• TASK BRIEF
Please give back, word for word, only the lines starting at the one containing "Pairs = List (Bytes × Bytes)" and ending at the one containing "read_pairs zero (c ∷ s) = none" within the material below.

· · · · ·

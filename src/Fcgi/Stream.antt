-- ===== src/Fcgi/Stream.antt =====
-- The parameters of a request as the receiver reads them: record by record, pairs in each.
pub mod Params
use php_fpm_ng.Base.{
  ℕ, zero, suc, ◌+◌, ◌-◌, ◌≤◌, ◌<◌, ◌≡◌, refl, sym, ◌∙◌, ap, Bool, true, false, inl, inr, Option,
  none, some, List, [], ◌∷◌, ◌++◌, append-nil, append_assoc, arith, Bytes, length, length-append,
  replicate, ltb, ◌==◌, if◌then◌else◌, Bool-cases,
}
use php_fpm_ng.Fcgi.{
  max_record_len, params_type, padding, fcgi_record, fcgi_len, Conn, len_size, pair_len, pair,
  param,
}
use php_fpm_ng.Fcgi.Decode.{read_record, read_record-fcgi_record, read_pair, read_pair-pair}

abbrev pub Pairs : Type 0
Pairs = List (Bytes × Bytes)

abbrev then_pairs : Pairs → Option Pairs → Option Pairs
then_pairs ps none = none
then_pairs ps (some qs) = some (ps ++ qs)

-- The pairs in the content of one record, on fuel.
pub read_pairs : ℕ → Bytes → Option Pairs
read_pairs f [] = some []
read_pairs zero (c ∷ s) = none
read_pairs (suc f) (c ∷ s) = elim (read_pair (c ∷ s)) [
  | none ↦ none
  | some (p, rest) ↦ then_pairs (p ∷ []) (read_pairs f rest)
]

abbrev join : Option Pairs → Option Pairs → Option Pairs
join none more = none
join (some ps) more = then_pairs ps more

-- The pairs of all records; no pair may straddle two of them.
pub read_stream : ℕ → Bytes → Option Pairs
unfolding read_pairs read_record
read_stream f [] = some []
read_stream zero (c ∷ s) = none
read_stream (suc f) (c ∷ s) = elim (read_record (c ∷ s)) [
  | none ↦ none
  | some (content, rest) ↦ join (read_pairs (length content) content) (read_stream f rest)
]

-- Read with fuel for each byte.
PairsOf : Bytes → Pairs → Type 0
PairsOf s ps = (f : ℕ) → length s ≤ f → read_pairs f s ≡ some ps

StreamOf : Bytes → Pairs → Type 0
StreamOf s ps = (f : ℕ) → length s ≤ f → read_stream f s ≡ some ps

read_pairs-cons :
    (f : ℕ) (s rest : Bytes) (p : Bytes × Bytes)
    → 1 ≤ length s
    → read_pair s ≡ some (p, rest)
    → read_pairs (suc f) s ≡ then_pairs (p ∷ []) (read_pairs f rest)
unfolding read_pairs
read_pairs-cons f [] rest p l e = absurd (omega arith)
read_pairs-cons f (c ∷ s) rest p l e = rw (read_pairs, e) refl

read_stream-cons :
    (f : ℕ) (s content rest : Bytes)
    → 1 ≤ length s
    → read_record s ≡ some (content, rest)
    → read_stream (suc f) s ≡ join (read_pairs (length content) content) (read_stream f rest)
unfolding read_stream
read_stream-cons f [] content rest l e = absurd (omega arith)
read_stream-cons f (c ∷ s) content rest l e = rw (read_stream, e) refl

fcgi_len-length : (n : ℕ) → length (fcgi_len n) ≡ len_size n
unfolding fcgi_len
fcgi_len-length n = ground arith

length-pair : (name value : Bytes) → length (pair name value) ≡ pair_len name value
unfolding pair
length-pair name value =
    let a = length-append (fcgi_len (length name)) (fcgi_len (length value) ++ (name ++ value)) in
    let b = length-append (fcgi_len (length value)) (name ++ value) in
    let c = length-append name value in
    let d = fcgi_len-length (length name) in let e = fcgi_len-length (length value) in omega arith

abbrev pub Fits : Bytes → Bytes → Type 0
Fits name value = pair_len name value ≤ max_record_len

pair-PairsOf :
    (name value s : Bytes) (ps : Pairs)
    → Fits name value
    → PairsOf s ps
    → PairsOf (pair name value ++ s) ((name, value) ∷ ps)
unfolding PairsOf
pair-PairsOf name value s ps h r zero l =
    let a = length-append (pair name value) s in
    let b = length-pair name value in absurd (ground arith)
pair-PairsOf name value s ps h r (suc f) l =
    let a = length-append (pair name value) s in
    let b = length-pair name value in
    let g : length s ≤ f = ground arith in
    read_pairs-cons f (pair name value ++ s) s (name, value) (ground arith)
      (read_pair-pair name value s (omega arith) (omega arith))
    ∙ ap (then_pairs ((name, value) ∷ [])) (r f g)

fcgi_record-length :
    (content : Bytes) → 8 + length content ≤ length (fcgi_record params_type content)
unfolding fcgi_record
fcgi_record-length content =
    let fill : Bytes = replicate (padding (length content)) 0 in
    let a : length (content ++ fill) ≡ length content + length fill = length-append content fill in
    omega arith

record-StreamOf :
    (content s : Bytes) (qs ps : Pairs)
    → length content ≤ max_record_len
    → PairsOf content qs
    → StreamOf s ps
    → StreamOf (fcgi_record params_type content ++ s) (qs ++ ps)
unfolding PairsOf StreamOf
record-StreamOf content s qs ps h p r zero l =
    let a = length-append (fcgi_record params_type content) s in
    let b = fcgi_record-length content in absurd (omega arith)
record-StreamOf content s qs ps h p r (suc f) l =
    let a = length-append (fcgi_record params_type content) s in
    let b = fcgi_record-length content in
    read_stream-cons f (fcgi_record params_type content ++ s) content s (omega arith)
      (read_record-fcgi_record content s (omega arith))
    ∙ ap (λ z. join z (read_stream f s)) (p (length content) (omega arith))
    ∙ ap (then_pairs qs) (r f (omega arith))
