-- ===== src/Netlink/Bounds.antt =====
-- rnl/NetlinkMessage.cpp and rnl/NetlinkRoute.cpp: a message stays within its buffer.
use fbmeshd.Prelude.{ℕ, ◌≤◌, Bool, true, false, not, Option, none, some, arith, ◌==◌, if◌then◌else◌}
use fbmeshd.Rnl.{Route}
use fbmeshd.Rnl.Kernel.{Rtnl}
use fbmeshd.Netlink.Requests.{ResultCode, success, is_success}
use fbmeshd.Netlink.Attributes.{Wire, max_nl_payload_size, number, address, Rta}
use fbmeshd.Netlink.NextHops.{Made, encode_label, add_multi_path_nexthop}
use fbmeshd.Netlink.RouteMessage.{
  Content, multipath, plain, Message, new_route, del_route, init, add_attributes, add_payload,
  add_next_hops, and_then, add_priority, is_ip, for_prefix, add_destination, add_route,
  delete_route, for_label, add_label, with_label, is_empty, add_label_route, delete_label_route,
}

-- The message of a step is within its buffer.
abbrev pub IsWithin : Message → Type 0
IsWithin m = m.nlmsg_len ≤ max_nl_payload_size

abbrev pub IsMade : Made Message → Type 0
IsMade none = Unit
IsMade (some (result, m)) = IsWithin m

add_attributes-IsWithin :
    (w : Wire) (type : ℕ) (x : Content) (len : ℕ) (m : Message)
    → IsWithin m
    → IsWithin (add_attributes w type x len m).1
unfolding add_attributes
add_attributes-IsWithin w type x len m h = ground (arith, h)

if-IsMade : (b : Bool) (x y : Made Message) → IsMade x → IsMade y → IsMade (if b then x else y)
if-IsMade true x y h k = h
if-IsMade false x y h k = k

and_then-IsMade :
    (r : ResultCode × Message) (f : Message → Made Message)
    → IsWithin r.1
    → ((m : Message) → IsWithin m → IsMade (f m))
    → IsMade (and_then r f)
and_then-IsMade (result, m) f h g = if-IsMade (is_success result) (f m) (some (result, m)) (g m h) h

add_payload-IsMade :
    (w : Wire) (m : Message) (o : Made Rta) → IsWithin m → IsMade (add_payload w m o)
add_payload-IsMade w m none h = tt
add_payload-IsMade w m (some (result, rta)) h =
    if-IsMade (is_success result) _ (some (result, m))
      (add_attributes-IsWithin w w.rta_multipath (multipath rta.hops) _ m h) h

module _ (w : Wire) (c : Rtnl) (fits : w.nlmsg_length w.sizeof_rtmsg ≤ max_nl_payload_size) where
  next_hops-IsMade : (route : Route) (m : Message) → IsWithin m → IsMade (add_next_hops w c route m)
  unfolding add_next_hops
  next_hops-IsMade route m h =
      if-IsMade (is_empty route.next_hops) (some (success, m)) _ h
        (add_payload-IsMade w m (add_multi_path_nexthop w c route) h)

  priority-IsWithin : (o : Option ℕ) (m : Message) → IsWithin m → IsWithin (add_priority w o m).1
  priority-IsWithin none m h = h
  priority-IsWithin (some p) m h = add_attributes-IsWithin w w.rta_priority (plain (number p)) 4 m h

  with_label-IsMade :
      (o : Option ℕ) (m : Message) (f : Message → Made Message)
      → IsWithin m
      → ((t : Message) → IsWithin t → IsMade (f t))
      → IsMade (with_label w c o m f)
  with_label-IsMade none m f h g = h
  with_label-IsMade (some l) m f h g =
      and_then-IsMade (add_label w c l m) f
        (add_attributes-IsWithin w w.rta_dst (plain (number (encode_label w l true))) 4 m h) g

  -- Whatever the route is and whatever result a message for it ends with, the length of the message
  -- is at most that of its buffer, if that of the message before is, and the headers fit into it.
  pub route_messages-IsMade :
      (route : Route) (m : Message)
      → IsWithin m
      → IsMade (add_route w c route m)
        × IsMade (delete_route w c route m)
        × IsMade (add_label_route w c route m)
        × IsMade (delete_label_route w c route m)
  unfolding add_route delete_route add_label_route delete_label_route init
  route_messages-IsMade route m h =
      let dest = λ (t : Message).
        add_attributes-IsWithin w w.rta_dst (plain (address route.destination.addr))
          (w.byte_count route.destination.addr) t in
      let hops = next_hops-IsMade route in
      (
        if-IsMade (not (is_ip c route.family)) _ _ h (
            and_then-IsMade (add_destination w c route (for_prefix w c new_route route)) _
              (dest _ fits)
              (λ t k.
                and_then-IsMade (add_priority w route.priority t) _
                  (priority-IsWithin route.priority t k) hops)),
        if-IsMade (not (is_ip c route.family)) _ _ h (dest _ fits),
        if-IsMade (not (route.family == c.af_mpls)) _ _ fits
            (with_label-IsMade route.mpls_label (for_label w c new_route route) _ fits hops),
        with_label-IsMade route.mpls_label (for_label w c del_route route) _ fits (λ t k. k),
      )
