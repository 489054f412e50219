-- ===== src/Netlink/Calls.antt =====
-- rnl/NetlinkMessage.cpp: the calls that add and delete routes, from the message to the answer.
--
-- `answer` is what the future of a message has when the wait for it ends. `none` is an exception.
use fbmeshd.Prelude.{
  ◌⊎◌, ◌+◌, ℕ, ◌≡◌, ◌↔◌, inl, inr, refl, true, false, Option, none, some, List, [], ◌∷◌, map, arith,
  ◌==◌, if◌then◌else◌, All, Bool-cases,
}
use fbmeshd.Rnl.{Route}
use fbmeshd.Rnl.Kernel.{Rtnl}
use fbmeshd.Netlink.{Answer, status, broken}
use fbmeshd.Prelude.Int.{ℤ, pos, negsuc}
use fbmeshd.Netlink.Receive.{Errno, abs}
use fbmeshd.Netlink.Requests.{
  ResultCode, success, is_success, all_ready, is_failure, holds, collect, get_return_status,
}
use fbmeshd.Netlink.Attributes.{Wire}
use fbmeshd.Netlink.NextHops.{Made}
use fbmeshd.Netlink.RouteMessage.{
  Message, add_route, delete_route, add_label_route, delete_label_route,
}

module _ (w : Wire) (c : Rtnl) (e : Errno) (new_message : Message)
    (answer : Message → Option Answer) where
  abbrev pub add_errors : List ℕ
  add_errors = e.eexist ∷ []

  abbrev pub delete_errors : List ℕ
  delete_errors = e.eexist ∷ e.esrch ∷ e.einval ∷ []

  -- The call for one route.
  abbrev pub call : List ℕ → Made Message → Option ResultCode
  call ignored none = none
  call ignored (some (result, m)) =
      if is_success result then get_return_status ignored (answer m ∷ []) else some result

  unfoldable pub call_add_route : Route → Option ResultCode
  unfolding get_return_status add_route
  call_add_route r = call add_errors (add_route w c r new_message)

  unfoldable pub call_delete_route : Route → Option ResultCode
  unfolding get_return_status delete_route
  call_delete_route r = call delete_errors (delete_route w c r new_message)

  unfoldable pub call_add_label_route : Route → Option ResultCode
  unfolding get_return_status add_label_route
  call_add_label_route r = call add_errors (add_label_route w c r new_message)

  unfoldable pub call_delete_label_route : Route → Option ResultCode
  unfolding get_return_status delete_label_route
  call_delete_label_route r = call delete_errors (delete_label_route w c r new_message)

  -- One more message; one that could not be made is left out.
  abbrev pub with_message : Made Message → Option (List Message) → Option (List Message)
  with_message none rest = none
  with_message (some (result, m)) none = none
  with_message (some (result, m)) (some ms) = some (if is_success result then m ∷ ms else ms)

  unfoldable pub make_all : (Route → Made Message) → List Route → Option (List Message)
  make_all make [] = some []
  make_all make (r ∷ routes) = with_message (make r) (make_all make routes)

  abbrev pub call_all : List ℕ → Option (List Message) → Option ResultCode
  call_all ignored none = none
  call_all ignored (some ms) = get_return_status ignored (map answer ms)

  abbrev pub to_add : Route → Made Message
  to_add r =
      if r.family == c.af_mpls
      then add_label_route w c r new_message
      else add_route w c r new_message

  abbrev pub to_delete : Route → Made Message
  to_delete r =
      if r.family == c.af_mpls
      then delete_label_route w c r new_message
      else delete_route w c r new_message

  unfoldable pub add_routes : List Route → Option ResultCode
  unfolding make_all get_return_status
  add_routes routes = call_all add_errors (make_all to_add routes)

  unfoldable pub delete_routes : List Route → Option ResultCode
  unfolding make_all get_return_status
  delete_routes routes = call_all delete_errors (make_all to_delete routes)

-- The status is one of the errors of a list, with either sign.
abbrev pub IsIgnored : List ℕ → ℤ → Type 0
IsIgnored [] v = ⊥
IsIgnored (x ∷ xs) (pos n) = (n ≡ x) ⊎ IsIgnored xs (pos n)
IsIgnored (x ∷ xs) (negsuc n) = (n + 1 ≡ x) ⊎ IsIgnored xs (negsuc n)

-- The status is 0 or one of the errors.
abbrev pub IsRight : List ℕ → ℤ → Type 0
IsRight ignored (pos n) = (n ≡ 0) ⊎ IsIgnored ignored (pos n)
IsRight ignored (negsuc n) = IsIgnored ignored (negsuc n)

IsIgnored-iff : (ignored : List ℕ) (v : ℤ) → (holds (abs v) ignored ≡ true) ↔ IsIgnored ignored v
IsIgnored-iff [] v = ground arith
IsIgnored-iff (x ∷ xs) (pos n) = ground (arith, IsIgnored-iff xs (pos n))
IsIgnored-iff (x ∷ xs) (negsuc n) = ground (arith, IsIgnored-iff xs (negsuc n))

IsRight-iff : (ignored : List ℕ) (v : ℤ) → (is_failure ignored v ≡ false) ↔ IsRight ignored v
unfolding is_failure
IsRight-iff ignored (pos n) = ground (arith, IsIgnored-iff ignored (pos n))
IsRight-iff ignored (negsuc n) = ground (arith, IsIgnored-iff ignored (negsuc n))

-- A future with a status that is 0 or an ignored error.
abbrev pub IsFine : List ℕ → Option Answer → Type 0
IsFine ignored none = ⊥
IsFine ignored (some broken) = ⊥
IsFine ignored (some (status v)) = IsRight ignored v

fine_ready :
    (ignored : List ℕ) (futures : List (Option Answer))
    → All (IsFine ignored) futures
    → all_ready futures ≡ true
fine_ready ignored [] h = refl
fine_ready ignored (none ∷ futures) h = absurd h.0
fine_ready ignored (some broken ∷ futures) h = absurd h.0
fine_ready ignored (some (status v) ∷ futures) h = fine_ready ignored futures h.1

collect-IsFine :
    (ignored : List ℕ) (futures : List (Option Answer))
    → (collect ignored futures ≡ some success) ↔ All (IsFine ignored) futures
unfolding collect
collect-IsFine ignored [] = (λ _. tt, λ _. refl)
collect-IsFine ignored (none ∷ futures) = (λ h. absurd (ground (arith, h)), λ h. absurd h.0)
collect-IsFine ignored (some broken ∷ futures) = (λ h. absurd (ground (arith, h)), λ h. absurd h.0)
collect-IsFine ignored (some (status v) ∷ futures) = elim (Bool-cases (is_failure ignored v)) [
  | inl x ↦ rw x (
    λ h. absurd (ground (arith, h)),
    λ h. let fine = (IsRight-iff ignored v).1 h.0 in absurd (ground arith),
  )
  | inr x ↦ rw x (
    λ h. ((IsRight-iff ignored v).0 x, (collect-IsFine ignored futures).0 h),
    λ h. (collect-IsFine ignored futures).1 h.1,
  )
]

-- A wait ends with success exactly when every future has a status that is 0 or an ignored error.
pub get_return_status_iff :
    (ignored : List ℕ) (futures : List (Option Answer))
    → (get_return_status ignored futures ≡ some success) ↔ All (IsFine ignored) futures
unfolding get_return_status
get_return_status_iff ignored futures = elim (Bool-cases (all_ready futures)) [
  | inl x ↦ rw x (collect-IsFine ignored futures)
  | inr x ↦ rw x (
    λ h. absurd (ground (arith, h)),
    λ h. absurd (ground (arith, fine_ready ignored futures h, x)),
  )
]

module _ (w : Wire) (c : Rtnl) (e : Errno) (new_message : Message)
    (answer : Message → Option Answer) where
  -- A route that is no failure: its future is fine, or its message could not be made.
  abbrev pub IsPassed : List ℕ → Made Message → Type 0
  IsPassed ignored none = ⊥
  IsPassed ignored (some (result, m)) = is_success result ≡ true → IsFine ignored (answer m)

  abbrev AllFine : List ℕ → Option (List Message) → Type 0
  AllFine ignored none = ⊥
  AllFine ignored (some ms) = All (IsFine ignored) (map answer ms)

· · · · ·

• TASK OUTPUT
Pairs = List (Bytes × Bytes)

abbrev then_pairs : Pairs → Option Pairs → Option Pairs
then_pairs ps none = none
then_pairs ps (some qs) = some (ps ++ qs)

-- The pairs in the content of one record, on fuel.
pub read_pairs : ℕ → Bytes → Option Pairs
read_pairs f [] = some []
read_pairs zero (c ∷ s) = none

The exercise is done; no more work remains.